WASHINGTON (Reuters) -A huge increase in the number of mergers coming before the U.S. Federal Trade Commission for antitrust reviews is limiting its ability to investigate deals in a timely fashion, the FTC said on Tuesday.
The agency, which works with the Justice Department to enforce antitrust law, said it got 343 deal notifications in July alone, up from 112 last July. It said in a statement that the influx "is straining the agency's capacity to rigorously investigate deals ahead of the statutory deadlines."
The agency said it was sending letters to some companies planning transactions that although its waiting period would soon expire, the FTC probe was not complete.
"Please be advised that if the parties consummate this transaction before the Commission has completed its investigation, they would do so at their own risk," it said.

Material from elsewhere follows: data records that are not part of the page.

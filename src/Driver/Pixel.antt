-- ===== src/Driver/Pixel.antt =====
-- driver/pixel/pixel_driver.c: a strip of WS2812B LEDs, by the RMT unit or by SPI.
pub mod Rmt
pub mod Spi
pub mod Wire
pub mod Agreement
use agcore.Prelude.{
  ℕ, ◌*◌, List, Option, some, none, take, replicate, ◌||◌, ◌&&◌, ltb, ◌==◌, if◌then◌else◌, store,
  Bool, true, not,
}
use agcore.Platform.{EspErr, is_ok}

-- CONFIG_LED_COUNT_MAX and CONFIG_DEFAULT_LED_NUM
pub record PixelConfig : Type 0 where
  pub led_count_max : ℕ
  pub default_led_num : ℕ

-- The statics that both variants have: g_led_num and g_ws2812b_rgb_buf.
pub record Strip : Type 0 where
  pub led_num : ℕ
  pub rgb_buf : List ℕ

module _ (cfg : PixelConfig) where
  unfoldable pub set_led_len : ℕ → Strip → Strip
  set_led_len len s =
      if (len == 0) || ltb cfg.led_count_max len
      then record s { led_num = cfg.default_led_num }
      else record s { led_num = len }

-- The number of LEDs that a call copies, and the copy of their bytes.
unfoldable pub copied_leds : ℕ → Strip → ℕ
copied_leds len s = if ltb s.led_num len then s.led_num else len

unfoldable pub sendata : List ℕ → ℕ → Strip → Strip
sendata color_data len s = record s {
  rgb_buf = store s.rgb_buf 0 (take (copied_leds len s * 3) color_data);
}

-- `memset(buf, 0, n)`
abbrev pub clear_buf : ℕ → List ℕ → List ℕ
clear_buf n buf = store buf 0 (replicate n 0)

-- The start of the RMT variant, from what its calls answer; none is an abort of ESP_ERROR_CHECK or
-- of the assertion.
unfoldable pub rmt_init :
    PixelConfig → EspErr → EspErr → EspErr → EspErr → Bool → Strip → Option Strip
rmt_init cfg channel callbacks encoder enable created s =
    if is_ok channel && (is_ok callbacks && (is_ok encoder && (is_ok enable && created)))
    then some (record s { rgb_buf = clear_buf (cfg.led_count_max * 3) s.rgb_buf })
    else none

-- The bytes that a round of the RMT task transmits.
unfoldable pub rmt_payload : Strip → List ℕ
rmt_payload s = take (s.led_num * 3) s.rgb_buf

-- The statics of the SPI variant; the task by whether it exists.
pub record SpiState : Type 0 where
  pub strip : Strip
  pub spi_buf : List ℕ
  pub init_done : Bool
  pub drv_task : Bool

-- The start of the SPI variant, from what its calls answer.
unfoldable pub spi_init : PixelConfig → EspErr → EspErr → Bool → SpiState → SpiState
spi_init cfg bus device created s =
    if not (is_ok bus) || not (is_ok device)
    then s
    else let cleared = record s {
      spi_buf = clear_buf (cfg.led_count_max * 12) s.spi_buf;
      strip = record s.strip { rgb_buf = clear_buf (cfg.led_count_max * 3) s.strip.rgb_buf };
      drv_task = s.drv_task || created;
    } in
      if cleared.drv_task then record cleared { init_done = true } else cleared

Commissioner Noah Phillips, a Republican who has been critical of the new leadership at the FTC, said his understanding was that similar letters were sent previously, primarily to companies contemplating a transaction that the agency thought might be illegal.
"The government shouldn’t threaten litigation without a belief the law has been or will be broken. The issue that that raises for me is that if the letters are not being sent where we have some reason to conclude that the transaction is illegal, I am concerned that they are intended to chill legal M&A across the board," he said.
In February, the FTC and Justice Department's Antitrust Division temporarily suspended the practice of granting early terminations for the least-controversial deals. It did so because of the change in administrations and a jump in the number of merger filings.
Under merger law, transactions over a certain size must be reported to the government, which allows many to go forward quickly under what is called "early termination." More complicated or more controversial deals trigger a "second request," or a demand for documents about the proposed transactions.